Statistical analysis is a big, complex and fascinating area of study.
Okay, okay maybe it’s not fascinating for everyone and I can already hear a few yawns at the back of the room. But the good news is if you are analyzing customer survey feedback there are just a few key tools that you need to master.
Get those sorted and you’ll be way ahead of your peers and really understand what your feedback is telling you.
So let’s step through some of the big statistical topics needed in customer feedback analysis.
What Sort of Data Do You Have?
Most of the data in customer feedback is called Ordinal data.
Ordinal data can tell you the ranking of a value but the distance between the ranks is not clear.
That is, you know that a 1 is ranked lower than a 2, which is lower than a 3 but the difference between 1 and 2 and 2 and 3 may be different. For example:
How responsive is Company X in closing the loop after problem resolution? Where 1 is very unresponsive and 5 is very responsive
The difference between 1 (very unresponsive) and 2 (unresponsive) is not necessarily the same as between 4 (responsive) and 5 (very responsive).
That means you can’t say that a 4 (responsive) is twice as responsive as a 2 (unresponsive).
This is kind of a problem because, technically, this dramatically limits the statistical techniques that you can use with the data. For instance you, technically, can’t even calculate an average (or mean) value of the responses.
Now in real life we know that people average these sorts of scores all the time. But many of the statistical tests that we use on customer feedback data cannot, technically, be used on Ordinal data at all. Luckily for us though, while it is technically wrong, it is generally accepted that there is still practical value in using these tools.

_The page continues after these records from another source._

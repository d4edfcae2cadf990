-- ===== src/Intent.antt =====
-- backend/src/api/intent/enums.py: the classes of a request.
pub mod Keywords
pub mod Scores
pub mod Slots
pub mod Engine
pub mod Yandex
use kb_concierge.Prelude.{ℕ, String, Bool, List, [], ◌∷◌, ◌==◌}

pub data Intent : Type 0 where
  info_qa partner_service support_issue status_query pricing_query : Intent
  emergency non_standard small_talk out_of_scope : Intent

-- The place of the class in the enum; two members are the same exactly if their places are.
abbrev pub place : Intent → ℕ
place info_qa = 0
place partner_service = 1
place support_issue = 2
place status_query = 3
place pricing_query = 4
place emergency = 5
place non_standard = 6
place small_talk = 7
place out_of_scope = 8

-- `a is b`
abbrev pub same : Intent → Intent → Bool
same a b = place a == place b

-- `intent.value`
abbrev pub value : Intent → String
value info_qa = "INFO_QA"
value partner_service = "PARTNER_SERVICE"
value support_issue = "SUPPORT_ISSUE"
value status_query = "STATUS_QUERY"
value pricing_query = "PRICING_QUERY"
value emergency = "EMERGENCY"
value non_standard = "NON_STANDARD"
value small_talk = "SMALL_TALK"
value out_of_scope = "OUT_OF_SCOPE"

-- `for intent in Intent`
abbrev pub members : List Intent
members =
    info_qa ∷ partner_service ∷ support_issue ∷ status_query ∷ pricing_query ∷ emergency
    ∷ non_standard ∷ small_talk ∷ out_of_scope ∷ []
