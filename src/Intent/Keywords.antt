-- ===== src/Intent/Keywords.antt =====
-- backend/src/api/intent/engine.py: the keywords of the classes and of the partner categories, and
-- the words by which a user names a side of the contract.
use kb_concierge.Prelude.{String, List, [], ◌∷◌, ◌++◌, Dict}
use kb_concierge.Intent.{Intent}

abbrev pub cleaning_keywords : List String
cleaning_keywords = "убор" ∷ "клининг" ∷ "чистк" ∷ "помыть окна" ∷ "мойка окон" ∷ []

abbrev pub moving_keywords : List String
moving_keywords = "переезд" ∷ "грузчик" ∷ "перевоз" ∷ "перевез" ∷ "вывез" ∷ []

abbrev pub repair_keywords : List String
repair_keywords =
    "ремонт" ∷ "почин" ∷ "сантехник" ∷ "электрик" ∷ "смесител" ∷ "протечк" ∷ "розетк" ∷ "кран" ∷ []

abbrev pub key_delivery_keywords : List String
key_delivery_keywords = "ключ" ∷ "доставка ключ" ∷ "передать ключ" ∷ []

abbrev pub partner_service_keywords : List String
partner_service_keywords =
    cleaning_keywords ++ (moving_keywords ++ (repair_keywords ++ key_delivery_keywords))

abbrev pub capabilities_keywords : List String
capabilities_keywords =
    "что умеешь" ∷ "что ты умеешь" ∷ "что ты можешь" ∷ "что можешь" ∷ "чем поможешь"
    ∷ "чем можешь помочь" ∷ "чем ты поможешь" ∷ "какие возможности" ∷ "меню" ∷ []

-- `_PARTNER_CATEGORY`, in its order
abbrev pub partner_category : Dict (List String)
partner_category =
    ("CLEANING", cleaning_keywords)
    ∷ ("MOVING", moving_keywords)
    ∷ ("REPAIR", repair_keywords)
    ∷ ("KEY_DELIVERY", key_delivery_keywords)
    ∷ []

-- `_STATUS_KEYWORDS`
abbrev pub status_keywords : List String
status_keywords =
    "статус заявк" ∷ "статус заказ" ∷ "статус обращени" ∷ "что с заявк" ∷ "что с моей заявк"
    ∷ "что с заказ" ∷ "что с обращени" ∷ "что по заявк" ∷ "что по заказ" ∷ "где моя заявк"
    ∷ "где мой заказ" ∷ "где заявк" ∷ "готова ли заявк" ∷ "готов ли заказ" ∷ "как там заявк"
    ∷ "как там моя заявк" ∷ "как там заказ" ∷ []

abbrev pub info_qa_keywords : List String
info_qa_keywords =
    "как продлить" ∷ "как оформить" ∷ "как получить" ∷ "как восстановить" ∷ "как работает"
    ∷ "что входит" ∷ "что такое" ∷ "где посмотреть" ∷ "где найти" ∷ "можно ли" ∷ "какие документ"
    ∷ "нужны ли документ" ∷ "договор" ∷ "услови" ∷ "правил" ∷ "инструкц" ∷ "режим работы"
    ∷ "сколько действ" ∷ []

abbrev pub pricing_query_keywords : List String
pricing_query_keywords =
    "сколько стоит" ∷ "сколько будет стоить" ∷ "сколько возьм" ∷ "сколько берёт" ∷ "сколько берете"
    ∷ "комисси" ∷ "тариф" ∷ "стоимость услуг" ∷ "сервисный сбор" ∷ "какая ставка"
    ∷ "во сколько обойд" ∷ "почём" ∷ "почем" ∷ []

abbrev pub support_issue_keywords : List String
support_issue_keywords =
    "жалоб" ∷ "пожаловат" ∷ "претензи" ∷ "компенсаци" ∷ "верните деньги" ∷ "вернуть деньги"
    ∷ "возврат денег" ∷ "обман" ∷ "спор" ∷ "не приехал" ∷ "не выполн" ∷ "не сделал" ∷ "ужасн"
    ∷ "отвратительн" ∷ "недовол" ∷ "некачествен" ∷ "испорч" ∷ "нагрубил" ∷ []

abbrev pub small_talk_keywords : List String
small_talk_keywords =
    "привет" ∷ "здравствуй" ∷ "добрый день" ∷ "добрый вечер" ∷ "доброе утро" ∷ "спасибо"
    ∷ "благодар" ∷ "до свидан" ∷ capabilities_keywords

-- `_KEYWORDS`, in its order
abbrev pub class_keywords : List (Intent × List String)
class_keywords =
    (Intent.info_qa, info_qa_keywords)
    ∷ (Intent.partner_service, partner_service_keywords)
    ∷ (Intent.status_query, status_keywords)
    ∷ (Intent.pricing_query, pricing_query_keywords)
    ∷ (Intent.support_issue, support_issue_keywords)
    ∷ (Intent.small_talk, small_talk_keywords)
    ∷ []

-- `_SIDE_TENANT` and `_SIDE_LANDLORD`
abbrev pub side_tenant : List String
side_tenant =
    "арендатор" ∷ "я снима" ∷ "хочу снят" ∷ "как жилец" ∷ "как наниматель" ∷ "наниматель" ∷ []

abbrev pub side_landlord : List String
side_landlord =
    "арендодател" ∷ "я сдаю" ∷ "хочу сдат" ∷ "как собственник" ∷ "как владелец" ∷ "наймодател" ∷ []
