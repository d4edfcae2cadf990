-- ===== src/Intent/Scores.antt =====
-- backend/src/api/intent/engine.py: the scores of the classes and of the categories, and the
-- negation of a category.
use kb_concierge.Prelude.{
  ℕ, zero, suc, ◌+◌, ◌-◌, String, Bool, true, false, ◌&&◌, ◌||◌, none, some, List, [], ◌∷◌, map,
  any, length, if◌then◌else◌, ltb, Codes, codes, is_prefix, after, is_space, Dict, lookup,
}
use kb_concierge.Intent.{Intent}
use kb_concierge.Intent.Keywords.{partner_category, class_keywords}

-- `t.count(p)` for a `p` of `suc n` characters: matches do not overlap. `skip` counts the
-- characters of a match that are still to pass.
unfoldable pub count_from : Codes → ℕ → ℕ → Codes → ℕ
count_from p n skip [] = 0
count_from p n (suc k) (c ∷ t) = count_from p n k t
count_from p n zero (c ∷ t) = elim (is_prefix p (c ∷ t)) [
  | true ↦ suc (count_from p n n t)
  | false ↦ count_from p n zero t
]

unfoldable pub count : Codes → Codes → ℕ
count p t = count_from p (length p - 1) 0 t

sum_counts : Codes → List String → ℕ
sum_counts text [] = 0
sum_counts text (k ∷ ks) = count (codes k) text + sum_counts text ks

score_of : Codes → String × List String → String × ℕ
unfolding sum_counts
score_of text (category, keywords) = (category, sum_counts text keywords)

unfoldable pub category_scores : Codes → Dict ℕ
unfolding score_of
category_scores text = map (score_of text) partner_category

drop_spaces : Codes → Codes
drop_spaces [] = []
drop_spaces (c ∷ t) = let rest = drop_spaces t in if is_space c then rest else c ∷ t

-- `\s+` and the keyword, at the start of a text; a keyword starts with no space.
spaced : Codes → Codes → Bool
unfolding drop_spaces
spaced kw [] = false
spaced kw (c ∷ t) = is_space c && is_prefix kw (drop_spaces t)

-- `re.search(r"не\s+" + re.escape(kw), text)`
negated : Codes → Codes → Bool
unfolding spaced
negated kw [] = false
negated kw (c ∷ t) =
    (is_prefix (codes "не") (c ∷ t) && spaced kw (after (codes "не") (c ∷ t))) || negated kw t

negated_word : Codes → String → Bool
unfolding negated
negated_word text k = negated (codes k) text

keywords_of : String → List String
keywords_of category = elim (lookup category partner_category) [ none ↦ [] | some ks ↦ ks ]

unfoldable pub negates_category : Codes → String → Bool
unfolding negated_word keywords_of
negates_category text category = any (negated_word text) (keywords_of category)

intent_score : Codes → Intent × List String → Intent × ℕ
unfolding sum_counts
intent_score text (intent, keywords) = (intent, sum_counts text keywords)

-- `_intent_scores`
unfoldable pub intent_scores : Codes → List (Intent × ℕ)
unfolding intent_score
intent_scores text = map (intent_score text) class_keywords

-- `max(d, key=…)` and the value there: the first of the largest. The first pair is apart.
unfoldable pub better {ℓ} : {K : Type ℓ} → K × ℕ → K × ℕ → K × ℕ
better b c = if ltb b.1 c.1 then c else b

unfoldable pub best_of {ℓ} : {K : Type ℓ} → K × ℕ → List (K × ℕ) → K × ℕ
best_of b [] = b
best_of b (c ∷ rest) = best_of (better b c) rest
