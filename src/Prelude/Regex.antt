-- ===== src/Prelude/Regex.antt =====
-- Python's `re` as the code uses it: a backtracking search over code points, with one group.
-- `\d` is an ASCII digit; `\s` is `str.isspace`; a letter of a word is a Latin or a Russian one.
use Prim.Native.Nat.{ℕ, zero, suc, ◌+◌, ◌-◌, ◌*◌}
use Prim.Native.String.{String}
use mathlib.Core.Bool.{Bool, false, not, ◌&&◌, ◌||◌}
use mathlib.Core.Option.{Option, none, some}
use mathlib.Core.List.{List, [], ◌∷◌, ◌++◌}
use kb_concierge.Prelude.Tests.{leb, ◌==◌, if◌then◌else◌}
use kb_concierge.Prelude.Text.{Codes, codes}

-- A pattern. `star` repeats a class of characters greedily, as often as it can; `group` is the
-- group whose text the caller reads.
pub data Rx : Type 0 where
  empty : Rx
  one : (ℕ → Bool) → Rx
  star : (ℕ → Bool) → Rx
  text : String → Rx
  then_ either : Rx → Rx → Rx
  group : Rx → Rx
  boundary : Rx

-- Where a match has come to: the character before, the rest, what the open group has read
-- (newest first), and the group's text.
pub record Place : Type 0 where
  pub before : Option ℕ
  pub rest : Codes
  pub read : Codes
  pub found : Codes

unfoldable pub is_digit : ℕ → Bool
is_digit c = leb 48 c && leb c 57

unfoldable pub is_word : ℕ → Bool
unfolding is_digit
is_word c =
    is_digit c
    || (leb 65 c && leb c 90)
    || (leb 97 c && leb c 122)
    || (c == 95)
    || (leb 0x400 c && leb c 0x4FF)

step : ℕ → Codes → Place → Place
step c t p = record { before = some c; rest = t; read = c ∷ p.read; found = p.found }

one_of : (ℕ → Bool) → Codes → Place → List Place
unfolding step
one_of q [] p = []
one_of q (c ∷ t) p = if q c then step c t p ∷ [] else []

star_of : (ℕ → Bool) → Codes → Place → List Place
unfolding step
star_of q [] p = p ∷ []
star_of q (c ∷ t) p =
    let further = star_of q t (step c t p) in if q c then further ++ p ∷ [] else p ∷ []

text_of : Codes → Codes → Place → List Place
unfolding step
text_of [] t p = p ∷ []
text_of (k ∷ ks) [] p = []
text_of (k ∷ ks) (c ∷ t) p = if k == c then text_of ks t (step c t p) else []

word_before : Option ℕ → Bool
unfolding is_word
word_before none = false
word_before (some c) = is_word c

word_after : Codes → Bool
unfolding is_word
word_after [] = false
word_after (c ∷ t) = is_word c

at_boundary : Place → Bool
unfolding word_before word_after
at_boundary p = if word_before p.before then not (word_after p.rest) else word_after p.rest

reversed : Codes → Codes → Codes
reversed [] acc = acc
reversed (c ∷ t) acc = reversed t (c ∷ acc)

opened : Place → Place
opened p = record p { read = [] }

closed_group : Place → Place
unfolding reversed
closed_group p = record p { found = reversed p.read [] }

close_all : List Place → List Place
unfolding closed_group
close_all [] = []
close_all (p ∷ ps) = closed_group p ∷ close_all ps

each : (Place → List Place) → List Place → List Place
each f [] = []
each f (p ∷ ps) = f p ++ each f ps

-- The places where a match of the pattern may end, the preferred first.
unfoldable pub ends : Rx → Place → List Place
unfolding one_of star_of text_of at_boundary opened close_all each
ends empty p = p ∷ []
ends (one q) p = one_of q p.rest p
ends (star q) p = star_of q p.rest p
ends (text s) p = text_of (codes s) p.rest p
ends (then_ x y) p = each (ends y) (ends x p)
ends (either x y) p = ends x p ++ ends y p
ends (group x) p = close_all (ends x (opened p))
ends boundary p = if at_boundary p then p ∷ [] else []

group_of : List Place → Option Codes
group_of [] = none
group_of (p ∷ ps) = some p.found

start_at : Option ℕ → Codes → Place
start_at before t = record { before = before; rest = t; read = []; found = [] }

or_else : Option Codes → Option Codes → Option Codes
or_else none o = o
or_else (some g) o = some g

search_from : Rx → Option ℕ → Codes → Option Codes
unfolding ends group_of start_at or_else
search_from x before [] = group_of (ends x (start_at before []))
search_from x before (c ∷ t) =
    or_else (group_of (ends x (start_at before (c ∷ t)))) (search_from x (some c) t)

-- `re.search(x, t)`: the text of the group in the first match.
unfoldable pub search : Rx → Codes → Option Codes
unfolding search_from
search x t = search_from x none t

-- A sequence, and the repetitions of a class.
unfoldable pub all_of : List Rx → Rx
all_of [] = empty
all_of (x ∷ []) = x
all_of (x ∷ y ∷ xs) = then_ x (all_of (y ∷ xs))

unfoldable pub opt : Rx → Rx
opt x = either x empty

unfoldable pub at_least : ℕ → (ℕ → Bool) → Rx
at_least zero q = star q
at_least (suc n) q = then_ (one q) (at_least n q)

digits_from : ℕ → Codes → ℕ
unfolding is_digit
digits_from acc [] = acc
digits_from acc (c ∷ t) = digits_from (if is_digit c then acc * 10 + (c - 48) else acc) t

-- The number that the digits of a text make, other characters left out.
unfoldable pub digits_value : Codes → ℕ
unfolding digits_from
digits_value t = digits_from 0 t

Additionally this well cited paper, Is the Selection of Statistical Methods Governed by Level of Measurement?, indicates that on practical basis, when testing for changes in mean, using this type of data is perfectly legitimate.
So if anyone says you “can’t use a t-test on Ordinal data”, you can tell them that you know it’s not technically correct but it is practically appropriate.
Do You Have a Big Enough Sample?
Sample size (how many data points you have collected), confidence intervals and standard errors are all different sides of the same coin. Generally (yes there are lots of caveats) the larger the sample size the more confidently you will be able to describe the population.
The concept of sample size comes up a lot surveying and it is an important idea but it’s significance (pun intended) is not nearly as large as it is commonly perceived to be in customer feedback.
This is because in almost all customer feedback work you are not looking at absolute values but relative values. There is not such thing an an absolute measure of customer satisfaction, or Net Promoter Score.
All you can really measure is
- Relative customer satisfaction between groups of respondents
- Movements in customer satisfaction between different time periods.
Sample size and confidence intervals are however, very important when dealing with absolute quantities, e.g.
- how a group of people will vote,
- the variation in diameter of a wheel bearing
- etc.
In these cases being able to closely characterise absolute values means something real. For example: the diameter of the bearing is 10mm +/- 0.1mm.
Sample size does become useful in our customer feedback process when we want to test our hypotheses.
The question “has customer satisfaction for this product increased?”, means something real. Here, a larger sample size allows us to identify smaller changes in the relative scores and this is useful.
Questions That You Want to Answer
In customer feedback analysis there are only a few key questions you really want to answer and because the data types are pretty consistent, the techniques you use are also pretty consistent.
Is the Score Different?
This question has a couple of versions:
- Is the score different in this time period than last time period?
- Is the score different for this group versus that group?
It doesn’t matter what score you’re talking about (responsiveness, cleanliness, Net Promoter, customer satisfaction, etc.) the question is always the same:
Does this population give a different response to that population?
You want to know this so you can decide if there has been a change in customer satisfaction due to a business intervention or an external factor.
There a few of tools that you can use for these tests. The most common are:
- Student’s t-test
- Confidence Intervals
- ANOVA
- Chi-Square — this is used ot tell if the distribution of the score is different rather than the mean
Does Changing this Cause That to Change?
Here we first need a little stats terminology.
- Dependent Variable: In customer feedback the dependent variable will normally be a proxy for an important business measure such as customer loyalty. Net Promoter Score, Customer Satisfaction, Customer Effort Score are all examples of this style of proxy . If you are lucky you will have access to the direct business measure for the respondent: share of wallet, revenue, profit, etc.
- Independent Variable: Typically these are the attributes that you are asking about in your survey: responsiveness, cleanliness, professionalism, colour, etc. They might also be attributes of your survey population: big business, manufacturer, employee numbers, etc.
Here the big question is “does a change in this attribute, change that outcome variable?”.
You need to know the answer to this because before you can change the outcome (dependant variable) you need to understand what drives it (which independent variable).
It turns out that this is a fairly common question that statistical techniques can help us answer. In fact, there is a whole suite of Generalised Linear Models available for unraveling the interactions of independent and dependant variables.
As you can see, from the vast expanse of statistical techniques we have slimmed them down to just a handful of approaches that are, relatively, easy to get a handle on.